» AIM OF THE TASK: From the records below, please repeat exactly the line that has "unfoldable pub is_skipped : Error → Bool", the line that has "discover_loop records [] = ok records", and every line between them, and nothing else.

» EXERCISE INPUTS:

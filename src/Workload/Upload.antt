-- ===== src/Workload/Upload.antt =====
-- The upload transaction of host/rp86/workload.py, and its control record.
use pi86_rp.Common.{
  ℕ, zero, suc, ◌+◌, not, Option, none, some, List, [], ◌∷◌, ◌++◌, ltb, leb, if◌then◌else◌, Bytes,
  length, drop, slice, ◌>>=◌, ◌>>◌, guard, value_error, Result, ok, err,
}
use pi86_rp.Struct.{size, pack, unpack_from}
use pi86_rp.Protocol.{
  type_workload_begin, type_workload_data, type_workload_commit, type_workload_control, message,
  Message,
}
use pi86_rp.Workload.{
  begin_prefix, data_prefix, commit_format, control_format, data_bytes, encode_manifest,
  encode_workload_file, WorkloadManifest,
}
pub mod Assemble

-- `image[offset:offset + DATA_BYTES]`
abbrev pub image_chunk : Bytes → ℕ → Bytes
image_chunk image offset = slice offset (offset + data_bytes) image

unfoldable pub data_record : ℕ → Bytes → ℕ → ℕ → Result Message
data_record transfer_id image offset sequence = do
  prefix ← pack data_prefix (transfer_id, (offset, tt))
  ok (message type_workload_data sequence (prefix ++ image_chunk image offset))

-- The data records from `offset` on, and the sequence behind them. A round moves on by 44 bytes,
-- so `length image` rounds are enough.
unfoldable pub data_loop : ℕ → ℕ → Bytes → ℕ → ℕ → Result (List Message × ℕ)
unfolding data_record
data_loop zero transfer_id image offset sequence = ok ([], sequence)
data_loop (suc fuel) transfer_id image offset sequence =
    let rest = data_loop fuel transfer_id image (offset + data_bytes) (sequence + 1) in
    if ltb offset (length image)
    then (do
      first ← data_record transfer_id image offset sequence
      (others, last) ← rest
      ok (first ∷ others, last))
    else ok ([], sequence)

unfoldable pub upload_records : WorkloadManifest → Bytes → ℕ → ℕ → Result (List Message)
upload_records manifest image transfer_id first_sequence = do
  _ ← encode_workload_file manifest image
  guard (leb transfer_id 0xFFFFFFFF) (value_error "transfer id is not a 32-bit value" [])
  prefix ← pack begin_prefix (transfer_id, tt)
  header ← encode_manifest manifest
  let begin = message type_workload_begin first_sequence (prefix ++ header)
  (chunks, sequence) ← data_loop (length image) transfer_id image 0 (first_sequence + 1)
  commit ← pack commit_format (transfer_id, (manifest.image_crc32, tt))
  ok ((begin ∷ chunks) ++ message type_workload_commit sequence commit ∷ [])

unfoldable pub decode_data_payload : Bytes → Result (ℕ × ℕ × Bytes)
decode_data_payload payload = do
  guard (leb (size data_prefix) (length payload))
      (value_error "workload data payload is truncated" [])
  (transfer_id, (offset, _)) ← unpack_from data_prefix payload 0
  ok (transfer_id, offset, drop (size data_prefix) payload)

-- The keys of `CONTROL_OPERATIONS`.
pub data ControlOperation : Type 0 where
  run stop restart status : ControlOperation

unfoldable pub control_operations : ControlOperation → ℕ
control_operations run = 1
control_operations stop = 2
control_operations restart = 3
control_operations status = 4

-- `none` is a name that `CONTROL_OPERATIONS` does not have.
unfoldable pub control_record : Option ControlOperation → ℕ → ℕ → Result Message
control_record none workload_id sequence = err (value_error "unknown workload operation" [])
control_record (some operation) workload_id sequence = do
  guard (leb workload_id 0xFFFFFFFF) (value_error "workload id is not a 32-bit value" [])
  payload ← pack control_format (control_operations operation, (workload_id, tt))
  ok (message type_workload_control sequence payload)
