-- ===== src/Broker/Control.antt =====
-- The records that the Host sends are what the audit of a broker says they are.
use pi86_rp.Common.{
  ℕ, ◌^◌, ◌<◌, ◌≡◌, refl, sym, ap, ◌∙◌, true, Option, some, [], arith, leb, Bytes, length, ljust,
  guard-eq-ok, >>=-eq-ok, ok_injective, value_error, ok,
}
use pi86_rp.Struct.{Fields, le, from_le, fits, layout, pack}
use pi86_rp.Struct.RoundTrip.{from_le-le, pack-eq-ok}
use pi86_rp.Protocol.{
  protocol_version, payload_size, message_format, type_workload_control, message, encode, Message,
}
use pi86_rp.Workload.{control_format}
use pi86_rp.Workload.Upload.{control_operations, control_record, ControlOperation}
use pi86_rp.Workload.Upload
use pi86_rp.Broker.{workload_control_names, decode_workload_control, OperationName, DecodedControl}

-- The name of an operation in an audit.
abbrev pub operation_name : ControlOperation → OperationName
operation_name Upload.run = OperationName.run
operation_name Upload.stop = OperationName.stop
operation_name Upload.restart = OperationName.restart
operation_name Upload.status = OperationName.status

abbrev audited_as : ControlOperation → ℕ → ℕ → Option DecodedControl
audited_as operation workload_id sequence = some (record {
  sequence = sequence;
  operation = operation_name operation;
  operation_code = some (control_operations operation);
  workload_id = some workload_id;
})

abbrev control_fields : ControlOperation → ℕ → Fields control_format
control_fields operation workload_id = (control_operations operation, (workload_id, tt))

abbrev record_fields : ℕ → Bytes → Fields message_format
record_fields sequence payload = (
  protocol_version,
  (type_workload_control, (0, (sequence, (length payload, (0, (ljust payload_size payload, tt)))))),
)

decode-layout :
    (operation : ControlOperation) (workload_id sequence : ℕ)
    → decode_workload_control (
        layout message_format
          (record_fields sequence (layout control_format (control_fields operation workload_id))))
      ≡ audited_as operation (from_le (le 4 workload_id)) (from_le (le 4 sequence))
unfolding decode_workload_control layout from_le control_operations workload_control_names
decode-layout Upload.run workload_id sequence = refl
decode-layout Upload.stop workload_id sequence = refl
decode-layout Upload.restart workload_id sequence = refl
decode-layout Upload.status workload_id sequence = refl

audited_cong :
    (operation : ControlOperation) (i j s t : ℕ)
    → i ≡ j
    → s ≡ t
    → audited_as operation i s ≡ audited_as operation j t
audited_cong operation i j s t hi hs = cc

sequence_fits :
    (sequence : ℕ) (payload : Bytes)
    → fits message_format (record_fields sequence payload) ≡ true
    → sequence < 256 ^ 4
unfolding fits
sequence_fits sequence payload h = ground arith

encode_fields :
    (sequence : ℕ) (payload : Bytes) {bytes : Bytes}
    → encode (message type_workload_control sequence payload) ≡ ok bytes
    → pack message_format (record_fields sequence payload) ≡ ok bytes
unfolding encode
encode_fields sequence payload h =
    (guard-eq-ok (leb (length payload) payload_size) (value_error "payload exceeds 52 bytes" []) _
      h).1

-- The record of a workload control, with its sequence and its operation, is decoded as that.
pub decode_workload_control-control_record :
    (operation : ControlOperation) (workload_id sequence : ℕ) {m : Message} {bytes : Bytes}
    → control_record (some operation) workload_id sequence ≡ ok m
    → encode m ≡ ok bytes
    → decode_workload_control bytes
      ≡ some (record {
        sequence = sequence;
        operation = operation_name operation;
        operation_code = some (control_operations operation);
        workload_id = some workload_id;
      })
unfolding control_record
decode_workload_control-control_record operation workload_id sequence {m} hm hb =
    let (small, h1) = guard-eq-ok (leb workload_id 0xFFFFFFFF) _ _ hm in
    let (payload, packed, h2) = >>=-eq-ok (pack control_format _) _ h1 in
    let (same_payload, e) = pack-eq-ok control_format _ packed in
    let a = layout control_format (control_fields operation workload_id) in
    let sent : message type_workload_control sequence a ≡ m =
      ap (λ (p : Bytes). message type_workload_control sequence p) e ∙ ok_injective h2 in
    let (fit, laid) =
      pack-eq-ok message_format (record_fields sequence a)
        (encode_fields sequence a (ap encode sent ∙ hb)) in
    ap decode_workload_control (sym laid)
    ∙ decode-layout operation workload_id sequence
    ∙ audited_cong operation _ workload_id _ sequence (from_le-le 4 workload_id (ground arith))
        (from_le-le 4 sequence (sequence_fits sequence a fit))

==

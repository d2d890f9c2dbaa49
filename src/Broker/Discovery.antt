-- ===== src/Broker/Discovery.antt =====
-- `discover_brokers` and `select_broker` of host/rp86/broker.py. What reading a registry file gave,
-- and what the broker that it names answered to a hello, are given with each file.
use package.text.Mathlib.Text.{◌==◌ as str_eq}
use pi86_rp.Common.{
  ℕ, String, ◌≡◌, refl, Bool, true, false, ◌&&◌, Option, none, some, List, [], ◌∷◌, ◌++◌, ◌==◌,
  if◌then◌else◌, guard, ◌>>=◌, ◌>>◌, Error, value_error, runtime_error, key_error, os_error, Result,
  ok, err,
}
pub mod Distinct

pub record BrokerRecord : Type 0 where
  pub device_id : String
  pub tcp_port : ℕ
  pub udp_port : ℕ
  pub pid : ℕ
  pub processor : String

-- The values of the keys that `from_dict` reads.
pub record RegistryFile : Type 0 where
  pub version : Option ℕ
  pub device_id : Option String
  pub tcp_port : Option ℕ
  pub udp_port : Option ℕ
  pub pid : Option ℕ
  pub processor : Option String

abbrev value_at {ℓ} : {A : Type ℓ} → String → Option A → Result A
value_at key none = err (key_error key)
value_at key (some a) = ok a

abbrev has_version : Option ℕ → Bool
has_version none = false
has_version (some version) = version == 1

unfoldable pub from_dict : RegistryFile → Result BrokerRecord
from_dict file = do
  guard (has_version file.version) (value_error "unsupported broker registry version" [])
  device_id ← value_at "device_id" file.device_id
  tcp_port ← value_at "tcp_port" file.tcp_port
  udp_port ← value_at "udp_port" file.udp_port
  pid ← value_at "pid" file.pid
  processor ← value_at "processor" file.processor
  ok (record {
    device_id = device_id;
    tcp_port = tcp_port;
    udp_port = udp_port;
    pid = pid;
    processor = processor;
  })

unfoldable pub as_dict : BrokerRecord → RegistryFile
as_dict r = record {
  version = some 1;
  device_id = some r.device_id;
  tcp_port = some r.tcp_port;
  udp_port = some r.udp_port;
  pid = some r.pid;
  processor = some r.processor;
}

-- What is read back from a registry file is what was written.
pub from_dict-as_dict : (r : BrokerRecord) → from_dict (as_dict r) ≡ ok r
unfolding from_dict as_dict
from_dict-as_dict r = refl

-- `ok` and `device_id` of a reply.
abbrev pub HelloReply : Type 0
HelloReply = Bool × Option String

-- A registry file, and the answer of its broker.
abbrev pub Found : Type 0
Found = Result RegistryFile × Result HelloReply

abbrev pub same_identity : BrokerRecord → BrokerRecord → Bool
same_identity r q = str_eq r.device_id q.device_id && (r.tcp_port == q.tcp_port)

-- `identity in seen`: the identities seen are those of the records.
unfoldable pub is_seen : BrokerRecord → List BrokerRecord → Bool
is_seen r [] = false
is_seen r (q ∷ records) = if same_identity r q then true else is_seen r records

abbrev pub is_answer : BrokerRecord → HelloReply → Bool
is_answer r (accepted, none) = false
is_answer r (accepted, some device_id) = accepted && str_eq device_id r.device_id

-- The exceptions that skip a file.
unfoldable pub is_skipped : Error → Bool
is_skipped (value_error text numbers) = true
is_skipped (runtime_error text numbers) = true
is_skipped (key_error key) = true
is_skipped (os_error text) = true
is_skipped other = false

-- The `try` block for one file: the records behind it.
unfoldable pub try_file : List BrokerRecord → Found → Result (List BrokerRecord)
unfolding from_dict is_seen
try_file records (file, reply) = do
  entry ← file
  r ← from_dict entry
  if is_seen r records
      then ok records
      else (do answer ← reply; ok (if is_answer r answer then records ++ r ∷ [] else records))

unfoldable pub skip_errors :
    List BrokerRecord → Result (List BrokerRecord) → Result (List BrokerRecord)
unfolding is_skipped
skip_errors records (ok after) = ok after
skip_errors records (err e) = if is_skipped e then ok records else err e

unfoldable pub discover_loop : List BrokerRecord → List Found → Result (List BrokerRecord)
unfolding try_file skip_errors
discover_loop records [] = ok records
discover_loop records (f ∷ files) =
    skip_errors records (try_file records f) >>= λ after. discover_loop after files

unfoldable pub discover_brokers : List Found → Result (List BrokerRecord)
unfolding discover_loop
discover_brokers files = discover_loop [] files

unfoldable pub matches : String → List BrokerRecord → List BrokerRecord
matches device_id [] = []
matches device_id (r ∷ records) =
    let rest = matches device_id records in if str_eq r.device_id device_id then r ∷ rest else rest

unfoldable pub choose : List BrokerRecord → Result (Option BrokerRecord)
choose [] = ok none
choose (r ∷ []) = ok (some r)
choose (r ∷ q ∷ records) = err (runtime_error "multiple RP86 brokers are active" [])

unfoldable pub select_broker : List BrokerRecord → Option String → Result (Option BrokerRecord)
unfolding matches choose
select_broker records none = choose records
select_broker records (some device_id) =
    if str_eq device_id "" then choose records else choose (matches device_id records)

» RESPONSE BELOW:
unfoldable pub is_skipped : Error → Bool
is_skipped (value_error text numbers) = true
is_skipped (runtime_error text numbers) = true
is_skipped (key_error key) = true
is_skipped (os_error text) = true
is_skipped other = false

-- The `try` block for one file: the records behind it.
unfoldable pub try_file : List BrokerRecord → Found → Result (List BrokerRecord)
unfolding from_dict is_seen
try_file records (file, reply) = do
  entry ← file
  r ← from_dict entry
  if is_seen r records
      then ok records
      else (do answer ← reply; ok (if is_answer r answer then records ++ r ∷ [] else records))

unfoldable pub skip_errors :
    List BrokerRecord → Result (List BrokerRecord) → Result (List BrokerRecord)
unfolding is_skipped
skip_errors records (ok after) = ok after
skip_errors records (err e) = if is_skipped e then ok records else err e

unfoldable pub discover_loop : List BrokerRecord → List Found → Result (List BrokerRecord)
unfolding try_file skip_errors
discover_loop records [] = ok records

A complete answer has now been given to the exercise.